--- Prompt ---
Once you reach the line containing "ss added ≡ ok n" in the entries below, write out that line and each one after it down to the line containing "pub one_new : count_new", exactly and with nothing added.

--- Exercise inputs ---
↓↓↓

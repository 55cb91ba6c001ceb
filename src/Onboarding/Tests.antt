-- ===== src/Onboarding/Tests.antt =====
-- Runs of the onboarding machine.
use enclave_gateway.Onboarding.Effects.{
  migrate_dc, rotate_recovery, ◌>>=◌, context, refuse_if, pure, put, current, attempt, call, forget,
  replace, throw, Effect, verify_grant, rate_check, create_link, connect, seal_recovery, send_code,
  sign_in, get_me, log_out, finalize_seal, list_sessions, publish_sessions, disconnect,
  mark_terminal, delete_link, Reply, returned, failed, Event,
}
use enclave_gateway.Onboarding.Ceremony.{
  authorize, prepare, check_timeouts, bind_candidate, candidate_differs, authorize_steps, clean_up,
  teardown, Candidates, Candidate,
}
use enclave_gateway.Onboarding.Login.{
  start_login, submit_code, strip_prefix, digits_value, migration_dc, resend, login_steps,
  share_sessions, bind_and_seal, code_failed,
}
use enclave_gateway.Base.{
  lookup, insert, remove, String-discrete, ℕ, List, [], ◌∷◌, String, some, map, ◌≡◌, refl,
}
use enclave_gateway.Onboarding.Healthy.{Healthy}
use enclave_gateway.Onboarding.Runs.{
  Operation, preparing, authorizing, logging_in, submitting_code, no_ceremonies, perform_all,
  perform_all-Healthy,
}

abbrev offered : Candidates
offered = record {
  link = "L";
  phone = "+1555";
  nonce = some "N";
  pcr0_g = some "P";
  channel_key_hash = some "K";
}

abbrev signed : Candidate
signed = record {
  link_id = "L";
  normalized_phone = "+1555";
  gateway_nonce = "N";
  pcr0_g = "P";
  channel_key_hash = "K";
}

-- Effects that all work.
abbrev calm : List Event → Effect → String → Reply
calm trace effect link = returned "7"

-- Effects of which one fails.
abbrev no_profile : List Event → Effect → String → Reply
no_profile trace get_me link = failed "TIMEOUT"
no_profile trace effect link = returned "7"

abbrev no_farewell : List Event → Effect → String → Reply
no_farewell trace disconnect link = failed "gone"
no_farewell trace effect link = returned "7"

-- The account lives in another data center.
abbrev sent_after : Effect → Reply
sent_after rotate_recovery = returned "H"
sent_after _ = failed "PHONE_MIGRATE_2"

abbrev elsewhere : List Event → Effect → String → Reply
elsewhere [] send_code link = failed "never"
elsewhere (e ∷ es) send_code link = sent_after e.effect
elsewhere trace effect link = returned "7"

abbrev still : List Event → ℕ
still trace = 0

abbrev login : List Operation
login = preparing "O" offered ∷ authorizing "O" signed ∷ logging_in "O" ∷ submitting_code "O" ∷ []

abbrev effects_after : (List Event → Effect → String → Reply) → List Operation → List Effect
effects_after fx os = map (λ e. e.effect) (perform_all fx still os no_ceremonies).trace

-- The effects from a grant to a code sent, the latest first.
abbrev until_code : List Effect
until_code = send_code ∷ seal_recovery ∷ connect ∷ create_link ∷ rate_check ∷ verify_grant ∷ []

abbrev until_sealed : List Effect
until_sealed = finalize_seal ∷ get_me ∷ sign_in ∷ until_code

-- In turn: a whole login; a sign-in that worked before the profile failed, which nothing logs out;
-- a sealed login that is removed where only its disconnection failed; an account in another data
-- center, whose code is sent again.
runs :
    (effects_after calm login ≡ disconnect ∷ publish_sessions ∷ list_sessions ∷ until_sealed)
    × (effects_after no_profile login
        ≡ delete_link ∷ mark_terminal ∷ disconnect ∷ get_me ∷ sign_in ∷ until_code)
    × (effects_after no_farewell login
        ≡ delete_link ∷ mark_terminal ∷ log_out ∷ disconnect ∷ publish_sessions ∷ list_sessions
          ∷ until_sealed)
    × (effects_after elsewhere
          (preparing "O" offered ∷ authorizing "O" signed ∷ logging_in "O" ∷ [])
        ≡ send_code ∷ rotate_recovery ∷ migrate_dc 2 ∷ until_code)
unfolding start_login submit_code ◌>>=◌ context lookup authorize prepare insert refuse_if
    check_timeouts pure bind_candidate candidate_differs put current attempt authorize_steps call
    remove clean_up teardown forget replace throw strip_prefix digits_value migration_dc resend
    login_steps share_sessions bind_and_seal code_failed String-discrete
runs = (refl, refl, refl, refl)

perform_all-Healthy_example : Healthy (perform_all elsewhere still login no_ceremonies)
perform_all-Healthy_example = perform_all-Healthy elsewhere still login
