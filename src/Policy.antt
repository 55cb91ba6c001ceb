-- ===== src/Policy.antt =====
-- policy-verify.mjs: the verifier of the signed policy chain, and the gate on every operation.
pub mod Json
pub mod Core
pub mod Action
pub mod Delta
pub mod Unchanged
pub mod Keys
pub mod Row
pub mod Quorum
pub mod Accepts
pub mod Chain
pub mod Derive
pub mod Ops
pub mod Permits
pub mod Samples
mod Tests
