-- ===== src/Policy/Keys.antt =====
-- policy-verify.mjs, `remove-key` and `add-key`: what they do to the set of signers.
use mathlib.Core.List.{Memᴰ}
use enclave_gateway.Base.{
  if◌then◌else◌, ◌↔◌, ◌≢◌, ◌%◌, ◌/◌, ◌*◌, ◌-◌, ◌>>=◌, ◌≤◌, ◌<◌, ◌||◌, ◌&&◌, ◌++◌, suc, zero, ◌==◌,
  false, raise, all, map, not, sym, List, Bool, Option, ◌+◌, ◌>>◌, ◌∙◌, ◌⊎◌, inr, inl, arith, ◌≡◌,
  true, ok, ◌∷◌, [], some, none, refl, second_ok, All, throw_if, ℕ, find, length, Bool-cases, min,
}
use enclave_gateway.Policy.Json.{Value, canonical_eq, num}
use enclave_gateway.Policy.Core.{Core, items, id_of, same_value, has_id}
use enclave_gateway.Policy.Action.{
  remove_key, add_key, valid_new_signer, altered_signer, malformed_signer,
}
use enclave_gateway.Policy.Delta.{
  verify_delta, surviving, added_signers, remove_key_check, add_key_check, min_threshold,
  same_number,
}
pub mod Removed

-- The signer is one of `before`, with the same id and canonically the same.
pub record Survivor (before : List Value) (s : Value) : Type 0 where
  pub was : Value
  pub listed : Memᴰ was before
  pub same_id : same_value (id_of was) (id_of s) ≡ true
  pub unaltered : canonical_eq was s ≡ true

find-mem {ℓ} :
    {A : Type ℓ} (p : A → Bool) (xs : List A) {x : A}
    → find p xs ≡ some x
    → Memᴰ x xs × (p x ≡ true)
find-mem p [] e = cc
find-mem p (y ∷ xs) {x} e = elim (Bool-cases (p y)) [
  | inl t ↦ let same : y ≡ x = ground arith in (Memᴰ.head (sym same), rw (← same) t)
  | inr f ↦ let (m, t) = find-mem p xs (rw f at e) in (Memᴰ.tail m, t)
]

abbrev pub matches : Value → Value → Bool
matches s x = same_value (id_of x) (id_of s)

surviving_step :
    (before : List Value) (s : Value) (ss : List Value) (found : Option Value)
    → find (matches s) before ≡ found
    → surviving before (s ∷ ss) ≡ ok tt
    → Survivor before s × (surviving before ss ≡ ok tt)
unfolding surviving
surviving_step before s ss none f e = cc (rw (f, surviving) at e)
surviving_step before s ss (some x) f e =
    let rest = throw_if (not (canonical_eq x s)) altered_signer >> surviving before ss in
    let e' : rest ≡ ok tt = rw (f, surviving) at e in
    let (listed, same) = find-mem (matches s) before f in
    (
      record { was = x; listed = listed; same_id = same; unaltered = ground arith },
      second_ok (throw_if (not (canonical_eq x s)) altered_signer) (surviving before ss) e',
    )

pub surviving_sound :
    (before ss : List Value) → surviving before ss ≡ ok tt → All (Survivor before) ss
surviving_sound before [] e = tt
surviving_sound before (s ∷ ss) e =
    let (one, rest) = surviving_step before s ss _ refl e in (one, surviving_sound before ss rest)

abbrev pub bump : Option Value → ℕ → ℕ
bump none n = n + 1
bump (some x) n = n

-- How many of the signers have an id that no signer had before.
abbrev pub count_new : List Value → List Value → ℕ
count_new before [] = 0
count_new before (s ∷ ss) = bump (find (matches s) before) (count_new before ss)

pub bump-add : (o : Option Value) (a b : ℕ) → bump o a + b ≡ a + bump o b
bump-add none a b = omega arith
bump-add (some x) a b = refl

-- A signer with a new id that is well formed, or one from before.
abbrev pub NewOrSurvivor : List Value → Value → Type 0
NewOrSurvivor before s =
    ((find (matches s) before ≡ none) × (valid_new_signer s ≡ true)) ⊎ Survivor before s

added_step :
    (before : List Value) (s : Value) (ss : List Value) (added n : ℕ) (found : Option Value)
    → find (matches s) before ≡ found
    → added_signers before (s ∷ ss) added ≡ ok n
    → NewOrSurvivor before s × (added_signers before ss (bump found added) ≡ ok n)
unfolding added_signers
added_step before s ss added n none f e =
    let rest =
      throw_if (not (valid_new_signer s)) malformed_signer >> added_signers before ss (added + 1) in
    let e' : rest ≡ ok n = rw (f, added_signers) at e in
    (
      inl (f, ground arith),
      second_ok (throw_if (not (valid_new_signer s)) malformed_signer)
          (added_signers before ss (added + 1)) e',
    )
added_step before s ss added n (some x) f e =
    let rest = throw_if (not (canonical_eq x s)) altered_signer >> added_signers before ss added in
    let e' : rest ≡ ok n = rw (f, added_signers) at e in
    let (listed, same) = find-mem (matches s) before f in
    (
      inr (record { was = x; listed = listed; same_id = same; unaltered = ground arith }),
      second_ok (throw_if (not (canonical_eq x s)) altered_signer) (added_signers before ss added)
          e',
    )

added_sound :
    (before ss : List Value) (added n : ℕ)
    → added_signers before ss added ≡ ok n
    → All (NewOrSurvivor before) ss × (n ≡ added + count_new before ss)
added_sound before [] added n e = (tt, unfold added_signers in ground arith)
added_sound before (s ∷ ss) added n e =
    let (one, rest) = added_step before s ss added n _ refl e in
    let (all_rest, count) = added_sound before ss (bump (find (matches s) before) added) n rest in
    ((one, all_rest), count ∙ bump-add (find (matches s) before) added (count_new before ss))

-- One signer more: exactly one has a new id and is well formed, the others are as they were, and
-- every id from before is still there.
pub record KeyAdded (prev core : Core) : Type 0 where
  pub count : length (items core.signers) ≡ length (items prev.signers) + 1
  pub kept : all (has_id (map id_of (items core.signers))) (map id_of (items prev.signers)) ≡ true
  pub others : All (NewOrSurvivor (items prev.signers)) (items core.signers)
  pub one_new : count_new (items prev.signers) (items core.signers) ≡ 1

add_key_steps :
    (prev core : Core)
    → add_key_check prev core ≡ ok tt
    → (length (items core.signers) ≡ length (items prev.signers) + 1)
      × (all (has_id (map id_of (items core.signers))) (map id_of (items prev.signers)) ≡ true)
      × (added_signers (items prev.signers) (items core.signers) 0 ≡ ok 1)
add_key_steps prev core e = unfold add_key_check in ground arith

-- A verified addition of a key adds exactly one signer with a new id, which is well formed; it keeps
-- every id from before, and every other signer is unaltered.
pub add_key-KeyAdded :
    (date : Value → Option ℕ) (prev core : Core)
    → verify_delta date add_key prev core ≡ ok tt
    → KeyAdded prev core
unfolding verify_delta
add_key-KeyAdded date prev core e =
    let steps = add_key_steps prev core (second_ok _ (add_key_check prev core) e) in
    let (others, one) = added_sound (items prev.signers) (items core.signers) 0 1 steps.2 in
    record { count = steps.0; kept = steps.1; others = others; one_new = omega arith }
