-- ===== src/Policy/Keys/Removed.antt =====
-- policy-verify.mjs, `remove-key`: what it does to the set of signers.
use enclave_gateway.Base.{
  All-mono, All, second_ok, Option, map, sym, List, Option, ◌+◌, ◌∙◌, inr, inl, arith, ◌≡◌, true,
  false, ok, ◌∷◌, [], some, none, refl, second_ok, All, ℕ, find, length, Bool-cases, min, ap, subst,
  eqs_iff,
}
use mathlib.Core.List.{Memᴰ}
use enclave_gateway.Policy.Json.{Value, num}
use enclave_gateway.Policy.Core.{Core, items, Core, items, id_of, same_value, has_id, distinct}
use enclave_gateway.Policy.Action.{remove_key}
use enclave_gateway.Policy.Delta.{verify_delta, remove_key_check, min_threshold, same_number}
use enclave_gateway.Policy.Keys.{Survivor, matches, surviving_sound, bump, count_new}

-- One signer fewer: exactly one of the signers before has an id that is left, the others are as they
-- were, and the threshold is lowered only as far as it must be.
pub record KeyRemoved (prev core : Core) : Type 0 where
  pub count : length (items core.signers) + 1 ≡ length (items prev.signers)
  pub one_dropped : count_new (items core.signers) (items prev.signers) ≡ 1
  pub others : All (Survivor (items prev.signers)) (items core.signers)
  pub threshold :
      (n : ℕ) × (prev.threshold ≡ num n)
      × (core.threshold ≡ num (min n (length (items core.signers))))

threshold_lowered :
    (v w : Value) (n : ℕ)
    → same_number (min_threshold v n) w ≡ true
    → (k : ℕ) × (v ≡ num k) × (w ≡ num (min k n))
threshold_lowered (num k) (num m) n e = (k, refl, ground arith)
threshold_lowered (num k) Value.undefined n e = cc
threshold_lowered (num k) _ n e = cc
threshold_lowered _ w n e = cc

same_value-eq : (x y : Value) → same_value x y ≡ true → x ≡ y
same_value-eq Value.undefined Value.undefined e = refl
same_value-eq Value.null Value.null e = refl
same_value-eq (Value.bool true) (Value.bool true) e = refl
same_value-eq (Value.bool false) (Value.bool false) e = refl
same_value-eq (num n) (num m) e = ap num (ground (arith, e))
same_value-eq (Value.other_num s) (Value.other_num t) e = ap Value.other_num ((eqs_iff s t).0 e)
same_value-eq (Value.str s) (Value.str t) e = ap Value.str ((eqs_iff s t).0 e)
same_value-eq _ _ e = cc

same_value_sym : (x y : Value) → same_value x y ≡ true → same_value y x ≡ true
same_value_sym x y e =
    let q = same_value-eq x y e in
    subst (λ z. same_value z x ≡ true) q (subst (λ z. same_value x z ≡ true) (sym q) e)

-- No signer of the list has the id of `s`.
missing :
    (s : Value) (ss : List Value)
    → has_id (map id_of ss) (id_of s) ≡ false
    → find (matches s) ss ≡ none
missing s [] h = refl
missing s (x ∷ ss) h = elim (Bool-cases (matches s x)) [
  | inl e ↦ let back = same_value_sym (id_of x) (id_of s) e in ground (arith, h, back)
  | inr e ↦ rw e (missing s ss (ground (arith, h)))
]

-- A signer that none of the others shares the id of does not count among them.
count_new-other :
    (c : Value) (cs ps : List Value)
    → has_id (map id_of ps) (id_of c) ≡ false
    → count_new (c ∷ cs) ps ≡ count_new cs ps
count_new-other c cs [] h = refl
count_new-other c cs (p ∷ ps) h =
    let other : matches p c ≡ false = ground (arith, h) in
    rw other (ap (bump (find (matches p) cs)) (count_new-other c cs ps (ground (arith, h))))

bump-next : (o : Option Value) (n : ℕ) → bump o n + 1 ≡ bump o (n + 1)
bump-next none n = refl
bump-next (some x) n = refl

-- One signer more of those before is one fewer that is missing.
count_new-next :
    (c : Value) (cs ps : List Value)
    → distinct (map id_of ps) ≡ true
    → has_id (map id_of ps) (id_of c) ≡ true
    → has_id (map id_of cs) (id_of c) ≡ false
    → count_new (c ∷ cs) ps + 1 ≡ count_new cs ps
count_new-next c cs [] d known new = cc
count_new-next c cs (p ∷ ps) d known new = elim (Bool-cases (matches p c)) [
  | inl e ↦
      let same = same_value-eq (id_of c) (id_of p) e in
      let gone = missing p cs (subst (λ x. has_id (map id_of cs) x ≡ false) same new) in
      let alone : has_id (map id_of ps) (id_of c) ≡ false =
        subst (λ x. has_id (map id_of ps) x ≡ false) (sym same) (ground (arith, d)) in
      rw (e, gone) (ap (λ n. n + 1) (count_new-other c cs ps alone))
  | inr e ↦
      let ih = count_new-next c cs ps (ground (arith, d)) (ground (arith, known, e)) new in
      rw e (
        bump-next (find (matches p) cs) (count_new (c ∷ cs) ps)
        ∙ ap (bump (find (matches p) cs)) ih)
]

count_new-none : (ps : List Value) → count_new [] ps ≡ length ps
count_new-none [] = refl
count_new-none (p ∷ ps) = ap (λ n. n + 1) (count_new-none ps) ∙ omega arith

abbrev Known : List Value → Value → Type 0
Known ps c = has_id (map id_of ps) (id_of c) ≡ true

-- Signers of different ids, each of which was there, are as many as those before less the missing.
count_new-length :
    (cs ps : List Value)
    → distinct (map id_of ps) ≡ true
    → distinct (map id_of cs) ≡ true
    → All (Known ps) cs
    → count_new cs ps + length cs ≡ length ps
count_new-length [] ps d e h = let n = count_new-none ps in omega (arith, n)
count_new-length (c ∷ cs) ps d e (known, h) =
    let next = count_new-next c cs ps d known (ground (arith, e)) in
    let ih = count_new-length cs ps d (ground (arith, e)) h in omega (arith, next, ih)

has_id-mem :
    (x : Value) (ps : List Value) (s : Value)
    → Memᴰ x ps
    → same_value (id_of x) (id_of s) ≡ true
    → Known ps s
has_id-mem x [] s m e = elim m [ ]
has_id-mem x (p ∷ ps) s (Memᴰ.head q) e =
    let back =
      same_value_sym (id_of p) (id_of s) (subst (λ y. same_value (id_of y) (id_of s) ≡ true) q e) in
    ground (arith, back)
has_id-mem x (p ∷ ps) s (Memᴰ.tail m) e = let ih = has_id-mem x ps s m e in ground (arith, ih)

-- Between two lists of signers of different ids, as `verifyEnvelopeRow` asks of every core, a verified
-- removal of a key drops exactly one signer, keeps every other one unaltered, and sets the threshold
-- to the least of the old one and the number of signers that remain.
pub remove_key-KeyRemoved :
    (date : Value → Option ℕ) (prev core : Core)
    → distinct (map id_of (items prev.signers)) ≡ true
    → distinct (map id_of (items core.signers)) ≡ true
    → verify_delta date remove_key prev core ≡ ok tt
    → KeyRemoved prev core
unfolding verify_delta
remove_key-KeyRemoved date prev core before after e =
    let h : remove_key_check prev core ≡ ok tt = second_ok _ (remove_key_check prev core) e in
    let others =
      surviving_sound (items prev.signers) (items core.signers)
        (unfold remove_key_check in ground arith) in
    let known =
      All-mono (Survivor (items prev.signers)) (Known (items prev.signers))
        (λ s k. has_id-mem k.was (items prev.signers) s k.listed k.same_id) (items core.signers)
        others in
    let count : length (items core.signers) + 1 ≡ length (items prev.signers) =
      unfold remove_key_check in ground arith in
    let sum = count_new-length (items core.signers) (items prev.signers) before after known in
    record {
      count = count;
      one_dropped = omega (arith, count, sum);
      others = others;
      threshold =
          threshold_lowered prev.threshold core.threshold (length (items core.signers))
            (unfold remove_key_check in ground arith);
    }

↑↑↑

--- Written answer ---
    → added_signers before ss added ≡ ok n
    → All (NewOrSurvivor before) ss × (n ≡ added + count_new before ss)
added_sound before [] added n e = (tt, unfold added_signers in ground arith)
added_sound before (s ∷ ss) added n e =
    let (one, rest) = added_step before s ss added n _ refl e in
    let (all_rest, count) = added_sound before ss (bump (find (matches s) before) added) n rest in
    ((one, all_rest), count ∙ bump-add (find (matches s) before) added (count_new before ss))

-- One signer more: exactly one has a new id and is well formed, the others are as they were, and
-- every id from before is still there.
pub record KeyAdded (prev core : Core) : Type 0 where
  pub count : length (items core.signers) ≡ length (items prev.signers) + 1
  pub kept : all (has_id (map id_of (items core.signers))) (map id_of (items prev.signers)) ≡ true
  pub others : All (NewOrSurvivor (items prev.signers)) (items core.signers)
  pub one_new : count_new (items prev.signers) (items core.signers) ≡ 1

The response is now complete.